Gott Sohn, mein Heil, ach nimm doch alles Unheil von mir, welches meine Sünde heute angerichtet! Heile die Wunden meines Gewissens, daß ich nicht heulen dürfe vor Unruhe meines Herzens. Streich Dein Blut an die Pfosten meiner Kammer, daß der Würgengel vorübergehe. Ich will mein Herz mit Deinem theuern Namen versiegeln. Laß dieses meine Losung, laß dieses mein Zeichen sein, daß ich Dir zugehöre und der Satan keinen Theil an mir habe. Bleibe bei mir, denn es will Abend werden, und der Tag hat sich geneiget. Sehe ich um mein Lager nichts, als ein finsteres Aegypten, so laß doch ein lichtes Gosen durch Deinen Glanz in meinem Herzen sein. Denn auch Finsterniß ist nicht finster bei Dir, und die Nacht leuchtet wie der Tag, wo Du bist, o Du Licht vom Lichte! Himmlischer Salomo, stärke Deine Starken um mein Bette, und laß mich mit Augen des Geistes sehen, daß derer mehr, die bei mir sind, als derer, die wider mich sind! Du Engel des großen Raths, laß mich nicht der Engel mangeln, sondern berathe Leib und Seele mit Deinen heiligen Wächtern, daß ich bei Deinem Schutz sicher ruhen möge!

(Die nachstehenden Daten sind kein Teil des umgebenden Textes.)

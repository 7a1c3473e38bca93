-- ===== src/Rtsp/Codecs/Opened.antt =====
-- What per_client_init makes, and that per_client_deinit gives it back.
use gaminganywhere.Base.{
  ℕ, zero, suc, ◌+◌, ◌<◌, ◌==◌, ◌≡◌, ◌&&◌, refl, sym, ap, ◌∙◌, arith, Bool, true, false,
  if◌then◌else◌, List, [], ◌∷◌, ◌++◌, Option, none, some, map, append_assoc, replicate,
  length-replicate, ◌-◌,
}
use mathlib.Core.Path.{subst, ap₂}
use gaminganywhere.Pipeline.Pool.Chains.{NotIn, Distinct}
use gaminganywhere.Rtsp.Server.{udp, channel_max}
use gaminganywhere.Rtsp.Codecs.{
  context_freed, Heap, Slot, Connection, InitAnswers, add_stream, add_context, encoder_init,
  init_stream, init_streams, per_client_init, per_client_deinit,
}
use gaminganywhere.Rtsp.Codecs.Sdp.{SdpStream, sdp_ids, sdp_events, HasCodecs, HasSdp}
use gaminganywhere.Rtsp.Codecs.Freed.{
  Place, unused, slot_of, place_ids, place_events, HasOutputs, rbuffer_events, deinit-log,
}

-- The streams for `n` channels and the sound, from address `p` on.
pub made : ℕ → ℕ → List SdpStream
made zero p = record { sdp_stream = p; sdp_codec = p + 1 } ∷ []
made (suc n) p = record { sdp_stream = p; sdp_codec = p + 1 } ∷ made n (p + 2)

-- From `h` to `h'` these streams were added to context `f`.
record Adds (f : ℕ) (h h' : Heap) (xs : List SdpStream) : Type 0 where
  pub ids : h'.streams f ≡ h.streams f ++ sdp_ids xs
  pub codecs : HasCodecs h' xs
  pub pb : h'.pb f ≡ h.pb f
  pub log : h'.log ≡ h.log
  pub old : (x : ℕ) → x < h.next → h'.codec x ≡ h.codec x

-- A test that leads to a success is true.
goes_on {ℓ} :
    {A : Type ℓ} (b : Bool) (x y : Bool × A)
    → y.0 ≡ false
    → (if b then x else y).0 ≡ true
    → b ≡ true
goes_on true x y failed good = refl
goes_on false x y failed good = sym failed ∙ good

opened_lem :
    (b : Bool) (c : ℕ) (h : Heap) → (encoder_init b c h).0 ≡ true → (encoder_init b c h).1 ≡ h
opened_lem true c h good = refl
opened_lem false c h good = cc

init_stream-true :
    (av : InitAnswers) (f i : ℕ) (h : Heap)
    → (init_stream av f i h).0 ≡ true
    → (init_stream av f i h).1 ≡ add_stream f h
init_stream-true av f i h good =
    let added : Bool × Heap = encoder_init (av.open_codec i) (h.next + 1) (add_stream f h) in
    let new : av.new_stream i ≡ true = goes_on (av.new_stream i) added (false, h) refl good in
    let same : init_stream av f i h ≡ added = ap (λ b. if b then added else (false, h)) new in
    ap (λ (r : Bool × Heap). r.1) same
    ∙ opened_lem (av.open_codec i) (h.next + 1) (add_stream f h)
        (sym (ap (λ (r : Bool × Heap). r.0) same) ∙ good)

add_stream-Adds :
    (f : ℕ) (h : Heap)
    → Adds f h (add_stream f h) (record { sdp_stream = h.next; sdp_codec = h.next + 1 } ∷ [])
add_stream-Adds f h = record {
  ids = let same : (f == f) ≡ true = ground arith in rw same refl;
  codecs = (let same : (h.next == h.next) ≡ true = ground arith in rw same refl, tt);
  pb = refl;
  log = refl;
  old = λ x below. let other : (x == h.next) ≡ false = ground arith in rw other refl;
}

Adds-next :
    {f : ℕ} {h h' : Heap} {xs : List SdpStream}
    → Adds f (add_stream f h) h' xs
    → Adds f h h' (record { sdp_stream = h.next; sdp_codec = h.next + 1 } ∷ xs)
Adds-next {f} {h} {h'} {xs} a =
    let b = add_stream-Adds f h in
    record {
      ids =
          a.ids
          ∙ ap (λ l. l ++ sdp_ids xs) b.ids
          ∙ append_assoc (h.streams f) (h.next ∷ []) (sdp_ids xs);
      codecs = (a.old h.next (omega arith) ∙ b.codecs.0, a.codecs);
      pb = a.pb;
      log = a.log;
      old = λ x below. a.old x (omega arith) ∙ b.old x below;
    }

init_streams-Adds :
    (av : InitAnswers) (f n i : ℕ) (h : Heap)
    → (init_streams av f n i h).0 ≡ true
    → Adds f h (init_streams av f n i h).1 (made n h.next)
unfolding init_streams made
init_streams-Adds av f zero i h good =
    subst (λ (k : Heap). Adds f h k (record { sdp_stream = h.next; sdp_codec = h.next + 1 } ∷ []))
      (sym (init_stream-true av f i h good)) (add_stream-Adds f h)
init_streams-Adds av f (suc n) i h good =
    let r = init_stream av f i h in
    let rest : Bool × Heap = init_streams av f n (suc i) r.1 in
    let first : r.0 ≡ true = goes_on r.0 rest (false, r.1) refl good in
    let same : init_streams av f (suc n) i h ≡ rest =
      ap (λ b. if b then rest else (false, r.1)) first in
    let good' : rest.0 ≡ true = sym (ap (λ (p : Bool × Heap). p.0) same) ∙ good in
    let added = init_stream-true av f i h first in
    subst (λ (p : Bool × Heap). Adds f h p.1 (made (suc n) h.next)) (sym same)
      (Adds-next {f = f} {h = h} (
        subst (λ (k : Heap). Adds f k rest.1 (made n k.next)) added
          (init_streams-Adds av f n (suc i) r.1 good')))

made-NotIn : (n p x : ℕ) → x < p → NotIn x (sdp_ids (made n p))
unfolding made
made-NotIn zero p x below = ((λ e. omega (arith, e)), tt)
made-NotIn (suc n) p x below = ((λ e. omega (arith, e)), made-NotIn n (p + 2) x (omega arith))

made-Distinct : (n p : ℕ) → Distinct (sdp_ids (made n p))
unfolding made
made-Distinct zero p = (tt, tt)
made-Distinct (suc n) p = (made-NotIn n (p + 2) p (omega arith), made-Distinct n (p + 2))

init-HasSdp :
    (av : InitAnswers) (channels : ℕ) (h : Heap)
    → (per_client_init av channels h).0 ≡ true
    → ((per_client_init av channels h).1.0 ≡ some h.next)
      × (HasSdp (per_client_init av channels h).1.1 h.next (made channels (h.next + 1))
          × ((per_client_init av channels h).1.1.log ≡ h.log))
unfolding per_client_init
init-HasSdp av channels h good =
    let r = init_streams av h.next channels 0 (add_context h) in
    let opened : Bool × (Option ℕ × Heap) = (r.0, (some h.next, r.1)) in
    let asked : (av.format && av.context) ≡ true =
      goes_on (av.format && av.context) opened (false, (none, h)) refl good in
    let same : per_client_init av channels h ≡ opened =
      ap (λ b. if b then opened else (false, (none, h))) asked in
    let a =
      init_streams-Adds av h.next channels 0 (add_context h)
        (sym (ap (λ (p : Bool × (Option ℕ × Heap)). p.0) same) ∙ good) in
    let self : (h.next == h.next) ≡ true = ground arith in
    subst
      (λ (p : Bool × (Option ℕ × Heap)).
        (p.1.0 ≡ some h.next)
        × (HasSdp p.1.1 h.next (made channels (h.next + 1)) × (p.1.1.log ≡ h.log)))
      (sym same) (refl, ((a.ids ∙ rw self refl, (a.pb ∙ rw self refl, a.codecs)), a.log))

abbrev empty_slot : Slot
empty_slot = slot_of (unused udp)

-- A context of rtspserver behind bzero and per_client_init, with no SETUP: the first
-- call of rtsp_getnext allocates the read buffer, and the calls move its two ends.
abbrev pub connected : Option ℕ → Bool → (head tail size : ℕ) → Connection
connected sdp buffer head tail size = record {
  slots = replicate channel_max empty_slot;
  sdp_fmtctx = sdp;
  rbuffer = buffer;
  rbufhead = head;
  rbuftail = tail;
  rbufsize = size;
}

replicate-split :
    (n m : ℕ)
    → replicate (n + m) empty_slot
      ≡ map slot_of (replicate n (unused udp)) ++ replicate m empty_slot
replicate-split zero m = ap (λ k. replicate k empty_slot) (omega arith)
replicate-split (suc n) m =
    let e : suc n + m ≡ suc (n + m) = omega arith in
    ap (λ k. replicate k empty_slot) e ∙ ap (λ l. empty_slot ∷ l) (replicate-split n m)

unused-ids : (n : ℕ) → place_ids (replicate n (unused udp)) ≡ []
unused-ids zero = refl
unused-ids (suc n) = unused-ids n

unused-events : (pb : ℕ → Bool) (n : ℕ) → place_events pb (replicate n (unused udp)) ≡ []
unused-events pb zero = refl
unused-events pb (suc n) = unused-events pb n

unused-HasOutputs : (h : Heap) (n : ℕ) → HasOutputs h (replicate n (unused udp))
unused-HasOutputs h zero = tt
unused-HasOutputs h (suc n) = unused-HasOutputs h n

-- A connection that ends with no SETUP, whether or not it read a request, where
-- per_client_init succeeded for fewer than 8 channels: per_client_deinit closes and frees the codec
-- and frees the stream of every channel and of the sound, frees the context, and frees the read
-- buffer where there is one, each once, and does nothing else; it sets the buffer's size and ends to 0.
pub init-deinit :
    (av : InitAnswers) (channels : ℕ) (h : Heap) (buffer : Bool) (head tail size : ℕ)
    → (per_client_init av channels h).0 ≡ true
    → channels < channel_max
    → (h' : Heap) × ((per_client_deinit channels
            (connected (per_client_init av channels h).1.0 buffer head tail size)
            (per_client_init av channels h).1.1
          ≡ some (connected (per_client_init av channels h).1.0 buffer 0 0 0, h'))
        × (h'.log
            ≡ h.log
              ++ ((sdp_events (made channels (h.next + 1)) ++ (context_freed h.next ∷ []))
                  ++ rbuffer_events buffer)))
init-deinit av channels h buffer head tail size good inside =
    let (sdp, (has, log)) = init-HasSdp av channels h good in
    let h1 = (per_client_init av channels h).1.1 in
    let ps : List Place = replicate (channels + 1) (unused udp) in
    let xs = made channels (h.next + 1) in
    let all : channel_max ≡ channels + 1 + (7 - channels) = omega arith in
    let (h', (ended, logged)) =
      deinit-log channels h1 (connected (per_client_init av channels h).1.0 buffer head tail size)
        ps h.next xs (length-replicate (channels + 1) (unused udp))
        (record {
          rest = replicate (7 - channels) empty_slot;
          slots =
              ap (λ k. replicate k empty_slot) all ∙ replicate-split (channels + 1) (7 - channels);
          sdp = sdp;
          outputs = unused-HasOutputs h1 (channels + 1);
          described = has;
          distinct = rw (unused-ids (channels + 1)) (made-Distinct channels (h.next + 1));
        }) in
    (
      h',
      (
        ended,
        logged
            ∙ ap₂ ◌++◌ log (
                ap
                  (λ l.
                    l ++ ((sdp_events xs ++ (context_freed h.next ∷ [])) ++ rbuffer_events buffer))
                  (unused-events h1.pb (channels + 1))),
      ),
    )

Gott, heiliger Geist, mein Trost, habe Dank, daß Du viel Gutes heute in mir gewirkt hast; sei gepriesen, daß Du heute viel Böses in mir verhindert hast. Es ist Dein, was ich Löbliches heute gethan habe; mein aber, was gefehlet und versehen ist. Habe ich heute den Tempel meines Herzens verunreinigt, ach, so weiche darum nicht von mir! Heilige und reinige ihn wiederum in dem Blute des Lammes; setze das Siegle wiederum auf mein Herz, welches ich durch meine Sünde abgerissen; überschatte mich heute, Du Kraft des Höchsten; bezeuge in mir die göttliche Kindschaft; zeige mir im Schlafe die himmlische Erbschaft, bereite mich durch Erblickung des Todes zu meines Lebens seliger Endschaft.

Heilige Dreieinigkeit, von Dir sind alle Dinge, und wir in Dir. O Du unerforschliche Tiefe des Reichthums, erbarme Dich heute über Reiche und Arme; habe ein Aufsehn auf Deine Auserwählten; behüte Verwandte und Bekannte; schütze Einheimische und Fremde; segne Freunde und Feinde; sei aller Nothleidenden Gott, aller Betrübten Trost, aller Schlafenden Hüter und Wächter! Niemand ist gut, als Du einiger Gott, also verleihe auch uns Allen in Dir eine gute Nacht. Amen.

Zu guter Nacht! Mein Jesus wacht,
Daß mir die Nacht kein Grauen macht.
Jetzt schließt die Ruh mein’ Augen zu:
Mein Gott ist mein und ich bin Sein!
Das soll die letzte Losung sein.
Die Nacht verläßt des Tages Licht,
Mein Gott, nimm Deinen Gang mir nicht.
Zeuch Du in meinem Herzen ein,
So hab’ ich immer Sonnenschein.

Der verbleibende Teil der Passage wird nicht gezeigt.